The game gets a lot more interesting when you don't know if every fight can be won.
Good balanced encounters do not tell you that. They tell you how dangerous a fight is likely to be unless mitigating circumstances apply. The two are not the same thing. The onus is on you as GM, and on the players, to alter the conditions when and how they are needed.

I think most agree that every encounter should not be balanced for the party. Some are easy and others are hard.
These two statements are contradictory. 4e D&D, the system everyone decries as being "too balanced" etc., explicitly instructed DMs to do this: make every encounter such that it fits in the context it appears, and provide a broad spectrum of challenges, some truly white-knuckle, some cakewalk, most challenging-but-doable. (Note: that last one is "most" only because if most fights are white-knuckle, people will lose interest in participating in fights at all both due to fatigue and due to constantly losing characters, while if everything is a cakewalk it gets dull really fast. Challenging-but-doable keeps things fresh while still having room for surprises, both good and bad.)
 


MNblockhead

A Title Much Cooler Than Anything on the Old Site
Completely agree with the OP, though it can be easy to get into a routine of making every fight fair, which trains your players to expect it. I sometimes remind players that not every battle is winnable or has to be fought and make sure to provide other options when possible, even for easy fights.

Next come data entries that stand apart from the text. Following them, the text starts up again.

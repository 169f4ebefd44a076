-- ===== src/Server/Dispatch/Threads/Ending.antt =====
-- How `shutdown` of server/server.go ends the dispatchers.
use Prim.Native.String.{String}
use mathlib.Core.Path.{subst}
use wsp.Base.{
  ℕ, zero, suc, ◌+◌, ◌≡◌, refl, sym, ap, List, [], ◌∷◌, ◌++◌, Every, Every-at, Every-replace,
  length, arith,
}
use wsp.Server.Dispatch.Threads.{
  Dispatcher, resting, leaving, gone, crashed, asking, awaiting, fetching, Main, serving, stopped,
  replying, draining, State, Step, Reach, here, next, IsOpen,
}

-- The dispatcher has no request.
abbrev pub IsQuiet : Dispatcher → Type 0
IsQuiet resting = Unit
IsQuiet leaving = Unit
IsQuiet gone = Unit
IsQuiet _ = ⊥

abbrev pub is_left : Dispatcher → ℕ
is_left gone = 0
is_left _ = 1

-- The dispatchers that have not ended.
abbrev pub left : List Dispatcher → ℕ
left [] = 0
left (d ∷ ds) = is_left d + left ds

-- While `shutdown` waits, no dispatcher has a request, and it waits for as many as have not ended;
-- when it has closed the channels, all have ended.
abbrev pub Calm : Main → List Dispatcher → Type 0
Calm (draining n) ds = Every IsQuiet ds × (left ds ≡ n)
Calm stopped ds = Every (λ d. d ≡ gone) ds
Calm _ ds = ⊥

pub left-replace :
    (xs : List Dispatcher) (d e : Dispatcher) (ys : List Dispatcher)
    → left (xs ++ d ∷ ys) + is_left e ≡ left (xs ++ e ∷ ys) + is_left d
left-replace [] d e ys = omega arith
left-replace (x ∷ xs) d e ys = omega (arith, left-replace xs d e ys)

all_gone : (ds : List Dispatcher) → Every IsQuiet ds → left ds ≡ 0 → Every (λ d. d ≡ gone) ds
all_gone [] q e = tt
all_gone (gone ∷ ds) q e = (refl, all_gone ds q.1 (omega arith))
all_gone (resting ∷ ds) q e = absurd (omega arith)
all_gone (leaving ∷ ds) q e = absurd (omega arith)
all_gone (crashed ∷ ds) q e = absurd q.0
all_gone (asking k ∷ ds) q e = absurd q.0
all_gone (awaiting k ∷ ds) q e = absurd q.0
all_gone (fetching k j ∷ ds) q e = absurd q.0

-- A dispatcher in the middle of a calm list has ended, rests or leaves.
Calm-at :
    (m : Main) (xs : List Dispatcher) (d : Dispatcher) (ys : List Dispatcher)
    → Calm m (xs ++ d ∷ ys)
    → IsQuiet d
Calm-at (draining n) xs d ys c = Every-at IsQuiet xs d ys c.0
Calm-at stopped xs d ys c = subst IsQuiet (sym (Every-at (λ d. d ≡ gone) xs d ys c)) tt
Calm-at serving xs d ys c = absurd c
Calm-at (replying k) xs d ys c = absurd c

Calm-leaves :
    (m : Main) (xs ys : List Dispatcher) → Calm m (xs ++ resting ∷ ys) → Calm m (xs ++ leaving ∷ ys)
Calm-leaves (draining n) xs ys c = (
  Every-replace IsQuiet xs resting leaving ys c.0 tt,
  omega (arith, c.1, left-replace xs resting leaving ys),
)
Calm-leaves stopped xs ys c = absurd (subst Never (Every-at (λ d. d ≡ gone) xs resting ys c) tt)
  where
    Never : Dispatcher → Type 0
    Never gone = ⊥
    Never _ = Unit
Calm-leaves serving xs ys c = absurd c
Calm-leaves (replying k) xs ys c = absurd c

pub open_not_Calm : (m : Main) (ds : List Dispatcher) → IsOpen m → ¬ Calm m ds
open_not_Calm serving ds o c = c
open_not_Calm (replying k) ds o c = c
open_not_Calm (draining n) ds o c = o
open_not_Calm stopped ds o c = o

pub Calm-subst :
    {s : State} (m : Main) (ds : List Dispatcher)
    → Calm s.main s.dispatchers
    → s.dispatchers ≡ ds
    → s.main ≡ m
    → Calm m ds
Calm-subst {s} m ds c at e = subst (λ l. Calm m l) at (subst (λ n. Calm n s.dispatchers) e c)

-- A dispatcher that has a request, where there can be none.
pub no_request :
    {A : Type 0} (s : State) (xs : List Dispatcher) (d : Dispatcher) (ys : List Dispatcher)
    → Calm s.main s.dispatchers
    → s.dispatchers ≡ xs ++ d ∷ ys
    → ¬ IsQuiet d
    → A
no_request s xs d ys c at n = absurd (n (Calm-at s.main xs d ys (Calm-subst s.main _ c at refl)))

pub Step-Calm : {s t : State} → Step s t → Calm s.main s.dispatchers → Calm t.main t.dispatchers
Step-Calm {s} (Step.accepts xs ys k at o) c = absurd (open_not_Calm s.main s.dispatchers o c)
Step-Calm {s} (Step.asks xs ys k at m) c = no_request s xs (asking k) ys c at (λ q. q)
Step-Calm {s} (Step.replies xs ys k j at m) c = no_request s xs (awaiting k) ys c at (λ q. q)
Step-Calm {s} (Step.replies_nil xs ys k j at m) c = no_request s xs (awaiting k) ys c at (λ q. q)
Step-Calm {s} (Step.finds xs ys k j at) c = no_request s xs (fetching k j) ys c at (λ q. q)
Step-Calm {s} (Step.retries xs ys k j at) c = no_request s xs (fetching k j) ys c at (λ q. q)
Step-Calm {s} (Step.shuts_down m) c = absurd (Calm-subst serving s.dispatchers c refl m)
Step-Calm {s} (Step.leaves xs ys at e) c = Calm-leaves s.main xs ys (Calm-subst s.main _ c at refl)
Step-Calm (Step.counts xs ys n at m) c =
    let d = Calm-subst (draining (suc n)) (xs ++ leaving ∷ ys) c at m in
    (
      Every-replace IsQuiet xs leaving gone ys d.0 tt,
      omega (arith, d.1, left-replace xs leaving gone ys),
    )
Step-Calm {s} (Step.miscounts xs ys k n at m) c = no_request s xs (asking k) ys c at (λ q. q)
Step-Calm {s} (Step.stops m) c =
    let d = Calm-subst (draining zero) s.dispatchers c refl m in all_gone s.dispatchers d.0 d.1
Step-Calm {s} (Step.starves xs ys k at m) c = no_request s xs (awaiting k) ys c at (λ q. q)
Step-Calm (Step.crashes xs ys at m) c =
    let e : leaving ≡ gone =
      Every-at (λ d. d ≡ gone) xs leaving ys (Calm-subst stopped (xs ++ leaving ∷ ys) c at m) in
    cc
Step-Calm {s} (Step.crashes_asking xs ys k at m) c = no_request s xs (asking k) ys c at (λ q. q)

pub Reach-Calm : {s t : State} → Calm s.main s.dispatchers → Reach s t → Calm t.main t.dispatchers
Reach-Calm c here = c
Reach-Calm c (next r st) = Step-Calm st (Reach-Calm c r)

pub resting-Calm :
    (ds : List Dispatcher) → Every (λ d. d ≡ resting) ds → Calm (draining (length ds)) ds
resting-Calm [] e = (tt, refl)
resting-Calm (d ∷ ds) (e, es) =
    let r = resting-Calm ds es in
    ((subst IsQuiet (sym e) tt, r.0), omega (arith, r.1, ap is_left e))

-- If no dispatcher has a request when `shutdown` begins, then whatever follows no dispatcher sends
-- on a closed channel: while `shutdown` waits, it waits for as many dispatchers as have not ended,
-- and it closes the channels only when all have.
pub shuts_down-Calm :
    (s t : State)
    → s.main ≡ serving
    → Every (λ d. d ≡ resting) s.dispatchers
    → Reach (record s { main = draining (length s.dispatchers) }) t
    → Step s (record s { main = draining (length s.dispatchers) }) × Calm t.main t.dispatchers
shuts_down-Calm s t m quiet r = (Step.shuts_down m, Reach-Calm (resting-Calm s.dispatchers quiet) r)

-- When `shutdown` waits for one more message and a dispatcher asks for a pool at that moment, the
-- request can be taken for the end of the dispatcher: the channels are closed, the dispatcher gets
-- no pool, and when it ends it sends on the closed channel, which panics.
pub asking_crashes :
    (xs ys : List Dispatcher) (k : String) (s : State)
    → s.dispatchers ≡ xs ++ asking k ∷ ys
    → s.main ≡ draining 1
    → Reach s (record { dispatchers = xs ++ crashed ∷ ys; main = stopped })
asking_crashes xs ys k s at m =
    next
      (next
        (next (next (next here (Step.miscounts xs ys k 0 at m)) (Step.stops refl))
          (Step.starves xs ys k refl refl))
        (Step.leaves xs ys refl tt))
      (Step.crashes xs ys refl refl)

Sometimes they will wind up on missions where staying to fight it out is almost guaranteed death but I make sure those have an obvious ticking clock, like the Big Bad looming ever closer or environment damage that increases each round.
Big fan of a session 0 funnel. Or have every player come to session zero with at least two backup characters. That alone can set the tone.
 

EzekielRaiden

Follower of the Way
Big fan of a session 0 funnel. Or have every player come to session zero with at least two backup characters. That alone can set the tone.
While I am not personally a big fan of these (I'm...really not keen on "rock-bottom-zero to vaguely-kinda-sorta-heroic" play), I can 100% recognize that they are an EXCELLENT design choice. They deal elegantly with a serious design...oversight, shall we say, since it isn't a problem per se, only a problem in context, namely that OSR games expect you to churn through a large number of low-level characters before you get some that survive. That's a time sink a lot of players can't meet nowadays. The "funnel" rules turn what would otherwise be a burden into a genuine form of entertainment, at least for those into that sort of thing.

Run a funnel, get a handful of useful characters, go. Discards the lengthy time component while preserving the essence of the experience, even intensifying it.